Beneath this line is the data. Output exactly the lines from the line with "n ≤ length q" to the line with "compare_chars-order zero (suc n) p []", both ends included, and nothing more.

(Collected data)
* * *

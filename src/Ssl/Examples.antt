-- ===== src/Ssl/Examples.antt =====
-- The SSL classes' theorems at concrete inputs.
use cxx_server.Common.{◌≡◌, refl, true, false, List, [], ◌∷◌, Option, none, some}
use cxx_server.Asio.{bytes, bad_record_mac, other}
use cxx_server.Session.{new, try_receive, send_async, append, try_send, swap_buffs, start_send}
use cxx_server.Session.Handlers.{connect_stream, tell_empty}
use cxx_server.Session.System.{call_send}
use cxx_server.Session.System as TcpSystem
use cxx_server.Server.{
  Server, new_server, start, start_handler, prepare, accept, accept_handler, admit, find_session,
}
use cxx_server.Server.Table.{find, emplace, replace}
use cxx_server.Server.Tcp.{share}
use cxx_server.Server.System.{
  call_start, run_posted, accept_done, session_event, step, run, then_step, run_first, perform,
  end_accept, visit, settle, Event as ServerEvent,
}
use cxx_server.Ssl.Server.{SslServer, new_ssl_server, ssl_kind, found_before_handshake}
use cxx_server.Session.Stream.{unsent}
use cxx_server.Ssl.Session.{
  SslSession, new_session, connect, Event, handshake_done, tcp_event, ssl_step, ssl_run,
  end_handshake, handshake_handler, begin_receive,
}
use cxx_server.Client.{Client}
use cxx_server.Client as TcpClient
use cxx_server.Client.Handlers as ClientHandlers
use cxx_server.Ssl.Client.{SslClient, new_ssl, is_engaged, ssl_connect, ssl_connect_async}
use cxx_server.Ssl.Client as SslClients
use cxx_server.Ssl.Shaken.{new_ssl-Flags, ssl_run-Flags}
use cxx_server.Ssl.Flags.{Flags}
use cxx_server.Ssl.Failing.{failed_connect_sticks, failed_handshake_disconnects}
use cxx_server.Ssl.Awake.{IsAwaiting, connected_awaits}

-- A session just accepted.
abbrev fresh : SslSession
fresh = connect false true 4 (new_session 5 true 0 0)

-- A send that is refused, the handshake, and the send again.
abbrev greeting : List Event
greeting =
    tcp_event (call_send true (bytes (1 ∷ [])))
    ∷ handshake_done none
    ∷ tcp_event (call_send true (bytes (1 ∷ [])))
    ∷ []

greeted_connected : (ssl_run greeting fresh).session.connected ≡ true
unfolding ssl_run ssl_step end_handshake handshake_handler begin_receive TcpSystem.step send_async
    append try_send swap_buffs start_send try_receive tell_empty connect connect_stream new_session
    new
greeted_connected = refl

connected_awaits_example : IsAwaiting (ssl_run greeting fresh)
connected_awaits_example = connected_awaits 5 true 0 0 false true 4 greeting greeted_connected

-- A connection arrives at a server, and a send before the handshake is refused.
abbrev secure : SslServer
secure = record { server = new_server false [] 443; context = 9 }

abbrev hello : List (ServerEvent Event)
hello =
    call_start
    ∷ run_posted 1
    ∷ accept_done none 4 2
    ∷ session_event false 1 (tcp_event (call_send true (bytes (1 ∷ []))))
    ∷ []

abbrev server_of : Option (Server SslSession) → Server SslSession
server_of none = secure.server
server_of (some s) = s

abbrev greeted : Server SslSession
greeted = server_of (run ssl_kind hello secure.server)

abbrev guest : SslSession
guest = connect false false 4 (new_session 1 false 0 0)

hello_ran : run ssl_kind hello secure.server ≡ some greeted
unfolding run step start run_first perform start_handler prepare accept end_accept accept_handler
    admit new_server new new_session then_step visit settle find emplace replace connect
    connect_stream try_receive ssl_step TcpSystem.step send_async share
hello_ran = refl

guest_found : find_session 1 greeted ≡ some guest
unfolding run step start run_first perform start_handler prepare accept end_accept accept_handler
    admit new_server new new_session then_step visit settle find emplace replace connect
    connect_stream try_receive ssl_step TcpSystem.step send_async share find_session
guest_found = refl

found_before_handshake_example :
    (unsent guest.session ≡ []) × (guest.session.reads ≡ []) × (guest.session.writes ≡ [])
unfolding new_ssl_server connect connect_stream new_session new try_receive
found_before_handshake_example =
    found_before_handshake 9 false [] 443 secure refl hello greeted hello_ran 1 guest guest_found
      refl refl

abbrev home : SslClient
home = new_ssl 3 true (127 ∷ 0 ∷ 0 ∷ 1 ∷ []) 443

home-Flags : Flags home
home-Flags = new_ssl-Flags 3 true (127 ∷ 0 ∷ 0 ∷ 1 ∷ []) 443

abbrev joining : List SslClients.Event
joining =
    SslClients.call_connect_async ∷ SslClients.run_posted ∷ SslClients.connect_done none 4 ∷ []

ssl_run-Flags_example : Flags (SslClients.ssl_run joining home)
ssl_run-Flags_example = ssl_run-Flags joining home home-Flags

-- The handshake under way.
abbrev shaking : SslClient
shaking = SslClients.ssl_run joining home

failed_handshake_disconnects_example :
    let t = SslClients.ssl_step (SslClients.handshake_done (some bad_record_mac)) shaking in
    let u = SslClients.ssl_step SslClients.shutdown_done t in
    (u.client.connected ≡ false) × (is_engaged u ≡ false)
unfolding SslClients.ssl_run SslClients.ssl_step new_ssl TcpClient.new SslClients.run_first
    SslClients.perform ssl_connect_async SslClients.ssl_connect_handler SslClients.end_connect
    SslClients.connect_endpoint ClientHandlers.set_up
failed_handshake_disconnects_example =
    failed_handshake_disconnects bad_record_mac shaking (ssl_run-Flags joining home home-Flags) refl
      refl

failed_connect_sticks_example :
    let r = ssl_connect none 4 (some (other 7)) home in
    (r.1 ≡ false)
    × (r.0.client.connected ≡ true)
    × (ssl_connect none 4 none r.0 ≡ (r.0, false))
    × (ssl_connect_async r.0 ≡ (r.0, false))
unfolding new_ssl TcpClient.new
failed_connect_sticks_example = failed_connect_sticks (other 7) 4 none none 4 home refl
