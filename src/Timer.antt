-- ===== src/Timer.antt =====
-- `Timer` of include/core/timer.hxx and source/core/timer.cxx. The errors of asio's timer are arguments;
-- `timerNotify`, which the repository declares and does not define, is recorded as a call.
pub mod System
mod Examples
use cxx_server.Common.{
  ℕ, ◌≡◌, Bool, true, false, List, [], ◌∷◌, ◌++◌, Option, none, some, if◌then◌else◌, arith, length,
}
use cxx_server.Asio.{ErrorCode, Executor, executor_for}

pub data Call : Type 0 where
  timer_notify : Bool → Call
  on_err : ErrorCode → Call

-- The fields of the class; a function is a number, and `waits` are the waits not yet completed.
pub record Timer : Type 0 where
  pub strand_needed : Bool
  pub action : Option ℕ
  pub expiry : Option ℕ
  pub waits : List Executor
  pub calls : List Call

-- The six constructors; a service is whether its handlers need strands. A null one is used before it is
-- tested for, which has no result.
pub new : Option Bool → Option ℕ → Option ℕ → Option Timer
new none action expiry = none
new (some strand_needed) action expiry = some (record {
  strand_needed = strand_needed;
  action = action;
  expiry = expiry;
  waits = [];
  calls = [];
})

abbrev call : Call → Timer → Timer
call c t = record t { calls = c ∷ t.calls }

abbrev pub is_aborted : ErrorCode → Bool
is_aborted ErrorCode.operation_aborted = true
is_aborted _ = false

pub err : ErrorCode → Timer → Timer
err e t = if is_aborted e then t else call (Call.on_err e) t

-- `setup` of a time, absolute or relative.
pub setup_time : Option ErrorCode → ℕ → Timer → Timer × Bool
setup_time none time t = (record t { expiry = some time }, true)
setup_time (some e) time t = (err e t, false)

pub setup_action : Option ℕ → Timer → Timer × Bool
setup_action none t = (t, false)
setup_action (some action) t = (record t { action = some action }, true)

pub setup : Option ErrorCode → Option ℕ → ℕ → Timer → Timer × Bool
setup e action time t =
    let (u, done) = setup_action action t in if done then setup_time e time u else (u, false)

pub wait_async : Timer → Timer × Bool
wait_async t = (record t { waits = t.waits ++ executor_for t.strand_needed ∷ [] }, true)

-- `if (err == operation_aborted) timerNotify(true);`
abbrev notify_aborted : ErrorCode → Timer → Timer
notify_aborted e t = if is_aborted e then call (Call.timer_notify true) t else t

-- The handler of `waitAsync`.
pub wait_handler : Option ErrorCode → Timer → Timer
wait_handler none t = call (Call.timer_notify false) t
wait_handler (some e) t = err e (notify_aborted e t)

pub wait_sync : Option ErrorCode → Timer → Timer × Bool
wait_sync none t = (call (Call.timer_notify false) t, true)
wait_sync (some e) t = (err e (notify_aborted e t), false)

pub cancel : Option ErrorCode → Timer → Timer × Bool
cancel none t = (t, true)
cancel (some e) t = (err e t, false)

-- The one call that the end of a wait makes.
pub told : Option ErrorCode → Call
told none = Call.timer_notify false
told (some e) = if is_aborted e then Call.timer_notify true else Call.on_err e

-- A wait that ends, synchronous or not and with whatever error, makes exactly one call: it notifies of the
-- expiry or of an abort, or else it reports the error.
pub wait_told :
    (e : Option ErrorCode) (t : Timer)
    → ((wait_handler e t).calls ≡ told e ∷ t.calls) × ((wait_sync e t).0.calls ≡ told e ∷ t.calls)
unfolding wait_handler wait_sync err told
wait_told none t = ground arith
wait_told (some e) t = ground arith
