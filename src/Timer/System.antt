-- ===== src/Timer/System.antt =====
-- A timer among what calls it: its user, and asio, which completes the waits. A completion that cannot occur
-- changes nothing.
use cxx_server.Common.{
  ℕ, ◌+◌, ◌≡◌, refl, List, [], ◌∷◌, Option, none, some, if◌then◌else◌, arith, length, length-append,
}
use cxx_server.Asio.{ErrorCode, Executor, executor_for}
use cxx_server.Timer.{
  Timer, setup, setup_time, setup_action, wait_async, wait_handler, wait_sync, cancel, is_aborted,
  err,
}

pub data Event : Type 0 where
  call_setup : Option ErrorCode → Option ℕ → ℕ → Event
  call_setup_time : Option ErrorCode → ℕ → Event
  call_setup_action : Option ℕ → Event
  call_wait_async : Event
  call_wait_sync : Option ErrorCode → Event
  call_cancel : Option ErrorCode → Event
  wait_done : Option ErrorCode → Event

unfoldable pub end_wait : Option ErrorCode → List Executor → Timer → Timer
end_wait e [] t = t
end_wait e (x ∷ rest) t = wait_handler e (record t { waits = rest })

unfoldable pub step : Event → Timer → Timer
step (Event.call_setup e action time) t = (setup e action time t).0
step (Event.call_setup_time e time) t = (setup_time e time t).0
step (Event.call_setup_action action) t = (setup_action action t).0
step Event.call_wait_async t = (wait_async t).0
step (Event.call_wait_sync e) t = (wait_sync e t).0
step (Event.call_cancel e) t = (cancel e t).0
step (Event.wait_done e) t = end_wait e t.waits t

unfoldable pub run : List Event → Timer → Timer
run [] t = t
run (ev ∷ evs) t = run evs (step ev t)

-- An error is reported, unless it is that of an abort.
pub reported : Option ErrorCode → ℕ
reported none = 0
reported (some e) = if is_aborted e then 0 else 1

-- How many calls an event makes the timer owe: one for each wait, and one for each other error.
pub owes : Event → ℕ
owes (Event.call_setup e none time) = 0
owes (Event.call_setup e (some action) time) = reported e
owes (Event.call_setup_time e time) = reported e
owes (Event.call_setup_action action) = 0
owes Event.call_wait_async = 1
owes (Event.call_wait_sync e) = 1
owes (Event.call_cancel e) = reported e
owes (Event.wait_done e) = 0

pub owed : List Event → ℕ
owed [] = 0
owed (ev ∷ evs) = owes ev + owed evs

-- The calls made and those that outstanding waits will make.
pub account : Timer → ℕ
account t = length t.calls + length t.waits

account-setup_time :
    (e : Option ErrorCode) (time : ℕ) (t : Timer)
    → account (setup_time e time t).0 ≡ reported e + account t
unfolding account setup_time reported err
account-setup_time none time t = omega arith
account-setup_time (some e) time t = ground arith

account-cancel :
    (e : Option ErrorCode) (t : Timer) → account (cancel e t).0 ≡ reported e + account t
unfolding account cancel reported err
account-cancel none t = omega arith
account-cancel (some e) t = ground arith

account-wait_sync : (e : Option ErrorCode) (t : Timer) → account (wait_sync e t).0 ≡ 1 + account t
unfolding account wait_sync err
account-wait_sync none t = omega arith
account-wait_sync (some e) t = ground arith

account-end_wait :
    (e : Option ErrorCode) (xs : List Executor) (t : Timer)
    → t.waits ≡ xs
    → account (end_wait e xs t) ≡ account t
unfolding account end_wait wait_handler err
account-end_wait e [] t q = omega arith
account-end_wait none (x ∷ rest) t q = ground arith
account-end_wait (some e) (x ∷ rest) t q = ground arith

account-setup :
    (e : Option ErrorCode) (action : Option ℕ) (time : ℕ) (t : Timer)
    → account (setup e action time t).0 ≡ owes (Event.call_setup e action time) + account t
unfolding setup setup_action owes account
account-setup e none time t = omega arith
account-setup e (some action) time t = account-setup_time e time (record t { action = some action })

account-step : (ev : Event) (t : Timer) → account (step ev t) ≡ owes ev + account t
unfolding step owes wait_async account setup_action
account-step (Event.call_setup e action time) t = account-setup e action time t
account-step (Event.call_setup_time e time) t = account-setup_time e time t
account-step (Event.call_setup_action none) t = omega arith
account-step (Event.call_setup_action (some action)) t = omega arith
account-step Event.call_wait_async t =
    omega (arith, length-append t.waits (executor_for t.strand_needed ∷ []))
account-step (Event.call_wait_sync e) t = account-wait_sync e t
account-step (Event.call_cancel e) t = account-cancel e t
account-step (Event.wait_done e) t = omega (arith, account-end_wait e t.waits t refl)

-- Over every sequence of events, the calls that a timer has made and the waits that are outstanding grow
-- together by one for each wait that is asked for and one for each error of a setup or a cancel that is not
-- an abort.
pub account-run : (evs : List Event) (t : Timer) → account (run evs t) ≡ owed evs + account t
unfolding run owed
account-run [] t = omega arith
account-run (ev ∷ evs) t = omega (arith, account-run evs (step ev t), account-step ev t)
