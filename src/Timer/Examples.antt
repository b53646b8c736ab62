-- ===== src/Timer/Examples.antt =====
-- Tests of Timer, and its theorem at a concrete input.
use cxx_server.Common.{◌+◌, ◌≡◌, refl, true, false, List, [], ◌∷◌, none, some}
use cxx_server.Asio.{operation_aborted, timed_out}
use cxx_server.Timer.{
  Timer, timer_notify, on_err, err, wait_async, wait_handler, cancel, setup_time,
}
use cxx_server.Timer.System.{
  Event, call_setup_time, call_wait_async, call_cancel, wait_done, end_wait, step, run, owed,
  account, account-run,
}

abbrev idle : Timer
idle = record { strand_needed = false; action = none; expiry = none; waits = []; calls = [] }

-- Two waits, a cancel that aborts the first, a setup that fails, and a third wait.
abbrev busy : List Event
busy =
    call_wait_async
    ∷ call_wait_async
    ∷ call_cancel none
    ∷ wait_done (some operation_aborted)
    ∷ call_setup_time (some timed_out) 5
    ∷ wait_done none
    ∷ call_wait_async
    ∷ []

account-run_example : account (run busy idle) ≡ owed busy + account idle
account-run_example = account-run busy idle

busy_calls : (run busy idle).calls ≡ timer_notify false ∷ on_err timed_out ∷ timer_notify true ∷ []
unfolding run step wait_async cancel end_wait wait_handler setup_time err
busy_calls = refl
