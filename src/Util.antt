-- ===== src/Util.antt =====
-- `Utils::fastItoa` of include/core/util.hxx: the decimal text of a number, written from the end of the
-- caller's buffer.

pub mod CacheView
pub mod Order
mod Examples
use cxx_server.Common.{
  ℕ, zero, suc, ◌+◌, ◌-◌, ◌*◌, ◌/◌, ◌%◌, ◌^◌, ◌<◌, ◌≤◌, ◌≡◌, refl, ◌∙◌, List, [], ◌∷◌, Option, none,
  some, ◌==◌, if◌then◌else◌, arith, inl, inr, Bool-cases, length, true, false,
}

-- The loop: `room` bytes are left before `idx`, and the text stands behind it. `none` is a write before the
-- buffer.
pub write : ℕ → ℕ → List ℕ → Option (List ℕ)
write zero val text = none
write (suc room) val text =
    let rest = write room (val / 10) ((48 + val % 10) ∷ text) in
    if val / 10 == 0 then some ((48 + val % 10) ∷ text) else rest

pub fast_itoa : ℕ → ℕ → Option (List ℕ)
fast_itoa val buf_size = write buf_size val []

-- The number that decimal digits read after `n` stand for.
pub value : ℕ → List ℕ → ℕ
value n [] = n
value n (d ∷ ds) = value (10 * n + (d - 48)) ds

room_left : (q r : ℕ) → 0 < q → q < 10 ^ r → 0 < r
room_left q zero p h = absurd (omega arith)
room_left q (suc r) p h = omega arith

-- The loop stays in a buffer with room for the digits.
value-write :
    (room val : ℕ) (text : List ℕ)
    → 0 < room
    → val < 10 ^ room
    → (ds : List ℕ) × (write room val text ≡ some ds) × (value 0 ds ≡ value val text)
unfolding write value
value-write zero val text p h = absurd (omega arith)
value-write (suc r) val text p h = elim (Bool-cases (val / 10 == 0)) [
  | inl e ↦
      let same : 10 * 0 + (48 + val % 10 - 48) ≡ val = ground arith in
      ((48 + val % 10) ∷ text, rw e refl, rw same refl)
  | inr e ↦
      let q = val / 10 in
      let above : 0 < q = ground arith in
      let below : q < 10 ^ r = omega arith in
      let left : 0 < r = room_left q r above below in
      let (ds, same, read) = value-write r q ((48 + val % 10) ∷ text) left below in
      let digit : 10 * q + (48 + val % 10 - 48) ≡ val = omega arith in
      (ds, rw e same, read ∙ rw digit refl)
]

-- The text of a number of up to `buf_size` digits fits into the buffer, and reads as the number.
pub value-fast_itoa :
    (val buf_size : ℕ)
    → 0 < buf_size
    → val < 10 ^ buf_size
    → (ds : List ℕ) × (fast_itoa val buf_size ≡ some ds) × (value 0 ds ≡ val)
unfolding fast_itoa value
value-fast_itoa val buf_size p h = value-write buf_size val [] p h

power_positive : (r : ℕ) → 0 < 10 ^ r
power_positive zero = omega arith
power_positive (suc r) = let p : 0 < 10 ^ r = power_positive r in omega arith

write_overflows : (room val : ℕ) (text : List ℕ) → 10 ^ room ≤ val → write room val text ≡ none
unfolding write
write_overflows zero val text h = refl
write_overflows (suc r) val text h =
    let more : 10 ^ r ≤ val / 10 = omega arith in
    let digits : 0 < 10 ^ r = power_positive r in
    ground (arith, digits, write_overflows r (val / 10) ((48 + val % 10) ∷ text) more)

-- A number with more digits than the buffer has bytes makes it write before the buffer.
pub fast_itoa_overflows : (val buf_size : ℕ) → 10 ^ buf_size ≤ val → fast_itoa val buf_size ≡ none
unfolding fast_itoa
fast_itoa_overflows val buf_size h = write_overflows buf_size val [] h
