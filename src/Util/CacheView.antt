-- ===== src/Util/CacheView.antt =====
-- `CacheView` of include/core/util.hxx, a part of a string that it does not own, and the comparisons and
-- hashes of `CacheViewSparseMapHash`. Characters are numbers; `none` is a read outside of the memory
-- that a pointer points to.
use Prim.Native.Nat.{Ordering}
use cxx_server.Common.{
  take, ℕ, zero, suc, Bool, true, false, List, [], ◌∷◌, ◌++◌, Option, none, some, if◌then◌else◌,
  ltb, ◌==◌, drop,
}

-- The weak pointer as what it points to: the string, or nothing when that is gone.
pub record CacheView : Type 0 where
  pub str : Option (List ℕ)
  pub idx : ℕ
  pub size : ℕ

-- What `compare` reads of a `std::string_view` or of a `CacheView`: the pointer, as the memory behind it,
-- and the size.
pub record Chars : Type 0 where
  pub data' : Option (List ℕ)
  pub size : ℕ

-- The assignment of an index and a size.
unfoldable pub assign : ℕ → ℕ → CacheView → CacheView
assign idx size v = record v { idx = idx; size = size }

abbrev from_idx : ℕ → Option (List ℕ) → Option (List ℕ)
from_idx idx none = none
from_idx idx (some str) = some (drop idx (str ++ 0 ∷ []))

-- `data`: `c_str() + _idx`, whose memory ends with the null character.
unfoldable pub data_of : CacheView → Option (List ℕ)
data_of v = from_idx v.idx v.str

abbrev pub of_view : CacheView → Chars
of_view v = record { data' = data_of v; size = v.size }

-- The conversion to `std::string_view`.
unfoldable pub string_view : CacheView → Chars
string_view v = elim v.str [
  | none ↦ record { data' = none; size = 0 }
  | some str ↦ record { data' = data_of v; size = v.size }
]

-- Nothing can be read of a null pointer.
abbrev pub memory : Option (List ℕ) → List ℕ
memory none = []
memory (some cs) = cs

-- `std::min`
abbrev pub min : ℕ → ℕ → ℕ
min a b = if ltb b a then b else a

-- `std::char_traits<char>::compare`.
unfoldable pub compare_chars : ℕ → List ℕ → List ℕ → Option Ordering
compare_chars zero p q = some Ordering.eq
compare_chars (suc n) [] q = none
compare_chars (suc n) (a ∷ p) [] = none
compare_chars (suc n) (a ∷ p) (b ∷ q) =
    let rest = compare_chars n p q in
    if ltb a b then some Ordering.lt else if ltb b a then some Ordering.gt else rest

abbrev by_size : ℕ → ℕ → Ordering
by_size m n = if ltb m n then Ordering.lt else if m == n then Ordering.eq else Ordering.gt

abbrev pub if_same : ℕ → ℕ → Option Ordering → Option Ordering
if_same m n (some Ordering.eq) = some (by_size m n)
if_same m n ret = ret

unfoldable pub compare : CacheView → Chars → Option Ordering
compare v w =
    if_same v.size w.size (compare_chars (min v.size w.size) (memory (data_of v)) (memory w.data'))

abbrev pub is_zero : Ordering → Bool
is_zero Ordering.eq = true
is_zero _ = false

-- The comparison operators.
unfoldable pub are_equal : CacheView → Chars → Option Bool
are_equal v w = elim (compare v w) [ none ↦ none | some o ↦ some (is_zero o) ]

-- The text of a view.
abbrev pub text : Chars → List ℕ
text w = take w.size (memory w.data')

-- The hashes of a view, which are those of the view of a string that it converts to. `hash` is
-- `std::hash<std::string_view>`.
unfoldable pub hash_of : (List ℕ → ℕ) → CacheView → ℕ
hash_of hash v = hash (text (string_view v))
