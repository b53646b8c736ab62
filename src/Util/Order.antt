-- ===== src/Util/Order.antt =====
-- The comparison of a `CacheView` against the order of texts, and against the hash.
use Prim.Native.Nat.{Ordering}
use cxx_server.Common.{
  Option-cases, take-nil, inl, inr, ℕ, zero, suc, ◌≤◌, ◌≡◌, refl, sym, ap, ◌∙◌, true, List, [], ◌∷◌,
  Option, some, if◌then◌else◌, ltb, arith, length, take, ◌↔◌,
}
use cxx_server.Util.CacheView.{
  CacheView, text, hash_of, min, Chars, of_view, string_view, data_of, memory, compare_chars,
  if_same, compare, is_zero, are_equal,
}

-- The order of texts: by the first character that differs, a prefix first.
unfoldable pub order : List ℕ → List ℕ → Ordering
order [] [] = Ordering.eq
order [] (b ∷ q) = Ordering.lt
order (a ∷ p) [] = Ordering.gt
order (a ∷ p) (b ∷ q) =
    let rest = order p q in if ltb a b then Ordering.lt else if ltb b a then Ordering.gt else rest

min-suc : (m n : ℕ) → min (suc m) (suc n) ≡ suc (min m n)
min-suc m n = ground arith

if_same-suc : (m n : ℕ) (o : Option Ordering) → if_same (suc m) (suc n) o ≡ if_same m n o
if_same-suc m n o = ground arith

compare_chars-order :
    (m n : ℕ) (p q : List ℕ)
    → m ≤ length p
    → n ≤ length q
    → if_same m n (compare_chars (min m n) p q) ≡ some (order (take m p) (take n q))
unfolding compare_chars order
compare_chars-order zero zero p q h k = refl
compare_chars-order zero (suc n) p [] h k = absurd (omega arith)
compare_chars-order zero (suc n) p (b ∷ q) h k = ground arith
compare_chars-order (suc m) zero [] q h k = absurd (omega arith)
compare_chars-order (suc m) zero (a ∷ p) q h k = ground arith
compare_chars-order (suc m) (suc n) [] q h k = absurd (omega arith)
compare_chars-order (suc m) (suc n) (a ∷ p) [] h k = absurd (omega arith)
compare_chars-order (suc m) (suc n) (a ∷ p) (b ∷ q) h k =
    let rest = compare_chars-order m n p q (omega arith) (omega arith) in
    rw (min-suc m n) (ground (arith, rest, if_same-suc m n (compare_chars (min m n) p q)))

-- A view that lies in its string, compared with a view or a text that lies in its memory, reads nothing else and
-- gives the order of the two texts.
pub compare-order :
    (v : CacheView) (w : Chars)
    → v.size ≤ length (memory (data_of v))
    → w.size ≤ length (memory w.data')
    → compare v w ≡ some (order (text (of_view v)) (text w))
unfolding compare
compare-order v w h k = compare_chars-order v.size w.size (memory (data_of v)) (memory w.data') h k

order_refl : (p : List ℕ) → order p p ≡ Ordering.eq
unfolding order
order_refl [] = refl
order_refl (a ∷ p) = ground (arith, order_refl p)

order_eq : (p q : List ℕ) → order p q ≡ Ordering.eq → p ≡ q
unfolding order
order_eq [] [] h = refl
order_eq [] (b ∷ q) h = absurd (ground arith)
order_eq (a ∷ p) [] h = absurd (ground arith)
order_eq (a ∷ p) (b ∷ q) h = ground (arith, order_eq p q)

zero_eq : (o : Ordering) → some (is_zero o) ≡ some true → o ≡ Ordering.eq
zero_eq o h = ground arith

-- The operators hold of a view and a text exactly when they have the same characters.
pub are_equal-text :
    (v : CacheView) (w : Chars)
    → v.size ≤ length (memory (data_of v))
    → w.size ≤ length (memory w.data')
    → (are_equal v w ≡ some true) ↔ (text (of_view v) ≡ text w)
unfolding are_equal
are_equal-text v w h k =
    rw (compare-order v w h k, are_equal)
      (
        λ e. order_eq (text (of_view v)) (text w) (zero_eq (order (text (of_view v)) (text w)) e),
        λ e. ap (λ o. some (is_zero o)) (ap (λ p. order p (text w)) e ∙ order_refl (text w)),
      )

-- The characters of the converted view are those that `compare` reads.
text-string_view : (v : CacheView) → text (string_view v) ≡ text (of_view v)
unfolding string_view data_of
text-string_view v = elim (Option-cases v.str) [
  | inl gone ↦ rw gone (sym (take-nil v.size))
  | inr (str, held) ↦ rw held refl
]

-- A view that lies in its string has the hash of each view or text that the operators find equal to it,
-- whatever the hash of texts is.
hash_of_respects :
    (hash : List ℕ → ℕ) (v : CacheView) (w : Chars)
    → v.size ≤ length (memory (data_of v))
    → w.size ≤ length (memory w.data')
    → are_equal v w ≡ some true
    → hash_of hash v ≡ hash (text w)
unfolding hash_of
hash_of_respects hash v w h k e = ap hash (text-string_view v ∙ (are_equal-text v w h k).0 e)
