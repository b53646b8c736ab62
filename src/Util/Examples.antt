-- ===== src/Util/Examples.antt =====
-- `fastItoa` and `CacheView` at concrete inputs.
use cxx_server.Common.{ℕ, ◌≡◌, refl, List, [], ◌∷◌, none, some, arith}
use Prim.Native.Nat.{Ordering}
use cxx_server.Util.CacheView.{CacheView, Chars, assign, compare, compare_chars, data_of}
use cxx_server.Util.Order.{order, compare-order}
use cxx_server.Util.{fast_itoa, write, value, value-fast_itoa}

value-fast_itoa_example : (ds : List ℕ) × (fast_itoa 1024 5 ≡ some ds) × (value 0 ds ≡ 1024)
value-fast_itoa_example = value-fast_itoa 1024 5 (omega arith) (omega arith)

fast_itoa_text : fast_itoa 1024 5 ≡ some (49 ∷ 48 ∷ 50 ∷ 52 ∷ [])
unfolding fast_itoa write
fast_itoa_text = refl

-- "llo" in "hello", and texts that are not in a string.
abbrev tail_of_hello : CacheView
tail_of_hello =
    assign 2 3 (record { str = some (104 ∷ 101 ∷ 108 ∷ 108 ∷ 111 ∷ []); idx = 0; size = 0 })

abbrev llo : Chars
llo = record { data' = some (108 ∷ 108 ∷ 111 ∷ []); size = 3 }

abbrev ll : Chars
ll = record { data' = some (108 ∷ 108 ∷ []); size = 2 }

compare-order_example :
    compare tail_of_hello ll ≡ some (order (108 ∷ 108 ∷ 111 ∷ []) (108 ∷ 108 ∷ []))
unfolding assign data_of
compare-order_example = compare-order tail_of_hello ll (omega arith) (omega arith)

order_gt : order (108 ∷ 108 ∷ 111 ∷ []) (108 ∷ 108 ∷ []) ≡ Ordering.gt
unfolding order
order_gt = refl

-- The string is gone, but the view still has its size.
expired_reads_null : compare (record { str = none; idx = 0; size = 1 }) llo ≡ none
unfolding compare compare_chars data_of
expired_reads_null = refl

* * *

» WRITTEN SOLUTION:
    → n ≤ length q
    → if_same m n (compare_chars (min m n) p q) ≡ some (order (take m p) (take n q))
unfolding compare_chars order
compare_chars-order zero zero p q h k = refl
compare_chars-order zero (suc n) p [] h k = absurd (omega arith)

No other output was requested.